**TASK INSTRUCTIONS:** Extract, from the records beneath this instruction, each line that contains the word "length".

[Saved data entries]
******

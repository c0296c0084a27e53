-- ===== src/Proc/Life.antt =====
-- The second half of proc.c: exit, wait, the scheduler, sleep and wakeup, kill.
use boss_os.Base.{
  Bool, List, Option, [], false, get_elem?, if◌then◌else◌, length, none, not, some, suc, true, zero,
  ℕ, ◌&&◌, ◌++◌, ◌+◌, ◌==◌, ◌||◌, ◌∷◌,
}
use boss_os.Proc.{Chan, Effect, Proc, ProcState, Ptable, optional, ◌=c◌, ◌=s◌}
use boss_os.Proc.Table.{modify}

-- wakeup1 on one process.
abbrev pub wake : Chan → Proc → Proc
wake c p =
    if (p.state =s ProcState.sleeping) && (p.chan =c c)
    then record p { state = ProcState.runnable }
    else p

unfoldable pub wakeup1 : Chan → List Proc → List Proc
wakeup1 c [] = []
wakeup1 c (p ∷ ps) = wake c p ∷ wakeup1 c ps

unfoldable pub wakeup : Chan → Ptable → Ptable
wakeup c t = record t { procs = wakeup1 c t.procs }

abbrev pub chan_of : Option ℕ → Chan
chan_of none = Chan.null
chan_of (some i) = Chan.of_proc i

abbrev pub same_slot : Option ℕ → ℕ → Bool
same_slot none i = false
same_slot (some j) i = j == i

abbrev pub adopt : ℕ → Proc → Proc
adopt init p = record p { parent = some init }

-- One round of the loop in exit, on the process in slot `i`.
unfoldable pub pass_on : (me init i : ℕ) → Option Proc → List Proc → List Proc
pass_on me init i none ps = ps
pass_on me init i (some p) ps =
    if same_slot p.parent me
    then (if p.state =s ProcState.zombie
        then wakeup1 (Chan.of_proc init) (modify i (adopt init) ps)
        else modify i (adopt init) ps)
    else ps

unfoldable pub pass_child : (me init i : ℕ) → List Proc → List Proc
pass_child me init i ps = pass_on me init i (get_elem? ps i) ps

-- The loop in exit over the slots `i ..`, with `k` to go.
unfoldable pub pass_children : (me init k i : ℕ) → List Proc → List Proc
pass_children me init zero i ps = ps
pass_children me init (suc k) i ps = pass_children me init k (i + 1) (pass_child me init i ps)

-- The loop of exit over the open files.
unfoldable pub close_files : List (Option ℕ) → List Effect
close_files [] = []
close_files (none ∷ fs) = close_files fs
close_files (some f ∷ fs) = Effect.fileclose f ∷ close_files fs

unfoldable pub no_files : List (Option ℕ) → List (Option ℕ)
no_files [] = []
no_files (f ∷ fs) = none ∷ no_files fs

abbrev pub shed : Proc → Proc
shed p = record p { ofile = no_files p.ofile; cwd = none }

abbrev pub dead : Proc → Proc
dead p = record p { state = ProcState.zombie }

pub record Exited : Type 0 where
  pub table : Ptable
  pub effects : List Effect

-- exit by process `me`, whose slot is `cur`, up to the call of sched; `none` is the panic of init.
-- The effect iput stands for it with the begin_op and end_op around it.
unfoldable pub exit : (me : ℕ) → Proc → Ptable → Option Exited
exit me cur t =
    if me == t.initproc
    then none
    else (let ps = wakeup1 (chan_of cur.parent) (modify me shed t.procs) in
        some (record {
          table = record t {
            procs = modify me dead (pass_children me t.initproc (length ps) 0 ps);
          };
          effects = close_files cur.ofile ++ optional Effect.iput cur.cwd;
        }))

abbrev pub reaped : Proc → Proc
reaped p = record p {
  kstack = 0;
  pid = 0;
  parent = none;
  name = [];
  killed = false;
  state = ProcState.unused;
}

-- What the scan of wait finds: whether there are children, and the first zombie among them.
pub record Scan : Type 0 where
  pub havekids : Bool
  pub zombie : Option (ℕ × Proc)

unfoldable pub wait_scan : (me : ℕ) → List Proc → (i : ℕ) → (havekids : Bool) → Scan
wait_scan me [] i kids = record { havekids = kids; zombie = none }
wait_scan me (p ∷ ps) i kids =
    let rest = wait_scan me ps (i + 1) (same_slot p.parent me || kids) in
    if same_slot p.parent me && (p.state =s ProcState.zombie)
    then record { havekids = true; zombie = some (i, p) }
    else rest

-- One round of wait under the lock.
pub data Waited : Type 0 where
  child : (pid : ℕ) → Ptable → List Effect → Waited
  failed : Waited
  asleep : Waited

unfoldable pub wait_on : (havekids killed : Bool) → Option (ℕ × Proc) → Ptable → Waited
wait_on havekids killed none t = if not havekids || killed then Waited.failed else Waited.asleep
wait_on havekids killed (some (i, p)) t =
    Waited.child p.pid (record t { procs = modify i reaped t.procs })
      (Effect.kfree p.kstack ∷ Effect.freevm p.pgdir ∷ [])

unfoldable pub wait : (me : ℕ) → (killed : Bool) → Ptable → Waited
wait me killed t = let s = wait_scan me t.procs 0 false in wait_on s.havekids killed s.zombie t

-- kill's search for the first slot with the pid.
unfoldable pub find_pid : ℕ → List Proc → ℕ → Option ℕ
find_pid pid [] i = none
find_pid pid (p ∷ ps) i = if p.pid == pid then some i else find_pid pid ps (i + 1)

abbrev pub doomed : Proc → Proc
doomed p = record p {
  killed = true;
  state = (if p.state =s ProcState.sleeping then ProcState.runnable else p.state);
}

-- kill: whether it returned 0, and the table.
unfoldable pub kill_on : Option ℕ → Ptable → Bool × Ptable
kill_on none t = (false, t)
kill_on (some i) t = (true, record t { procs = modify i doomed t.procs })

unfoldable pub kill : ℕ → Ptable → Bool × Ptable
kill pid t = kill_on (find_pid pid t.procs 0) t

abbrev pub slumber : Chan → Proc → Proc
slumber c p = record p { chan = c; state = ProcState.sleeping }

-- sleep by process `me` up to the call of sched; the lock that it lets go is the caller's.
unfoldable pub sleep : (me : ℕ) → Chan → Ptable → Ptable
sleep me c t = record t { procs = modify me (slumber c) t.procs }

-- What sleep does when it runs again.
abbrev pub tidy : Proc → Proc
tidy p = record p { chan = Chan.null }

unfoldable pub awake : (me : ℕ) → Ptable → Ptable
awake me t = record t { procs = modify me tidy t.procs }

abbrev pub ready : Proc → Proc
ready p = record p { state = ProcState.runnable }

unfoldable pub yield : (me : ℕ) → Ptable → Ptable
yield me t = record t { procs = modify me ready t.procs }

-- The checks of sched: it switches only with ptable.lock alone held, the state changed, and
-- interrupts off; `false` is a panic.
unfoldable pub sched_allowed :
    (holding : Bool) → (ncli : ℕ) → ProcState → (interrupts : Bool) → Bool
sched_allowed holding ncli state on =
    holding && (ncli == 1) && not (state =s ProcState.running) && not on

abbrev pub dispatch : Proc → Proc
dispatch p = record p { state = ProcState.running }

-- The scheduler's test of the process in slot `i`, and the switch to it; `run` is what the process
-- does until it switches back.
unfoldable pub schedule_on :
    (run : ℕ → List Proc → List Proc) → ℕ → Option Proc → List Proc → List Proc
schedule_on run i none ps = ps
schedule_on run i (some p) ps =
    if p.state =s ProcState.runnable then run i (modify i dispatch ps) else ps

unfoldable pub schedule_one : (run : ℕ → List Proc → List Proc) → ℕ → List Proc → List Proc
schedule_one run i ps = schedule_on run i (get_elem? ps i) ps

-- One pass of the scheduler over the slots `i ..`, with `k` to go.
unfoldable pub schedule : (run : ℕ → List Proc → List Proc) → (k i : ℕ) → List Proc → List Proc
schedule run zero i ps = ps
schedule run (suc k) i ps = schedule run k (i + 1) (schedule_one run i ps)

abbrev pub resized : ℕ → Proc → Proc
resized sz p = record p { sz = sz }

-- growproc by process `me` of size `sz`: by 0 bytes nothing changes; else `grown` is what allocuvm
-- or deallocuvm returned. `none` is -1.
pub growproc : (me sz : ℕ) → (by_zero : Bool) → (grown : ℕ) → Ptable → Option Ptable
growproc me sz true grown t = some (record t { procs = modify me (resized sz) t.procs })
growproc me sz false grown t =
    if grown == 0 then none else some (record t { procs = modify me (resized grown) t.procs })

******

**YOUR RESPONSE:**
  Bool, List, Option, [], false, get_elem?, if◌then◌else◌, length, none, not, some, suc, true, zero,
            procs = modify me dead (pass_children me t.initproc (length ps) 0 ps);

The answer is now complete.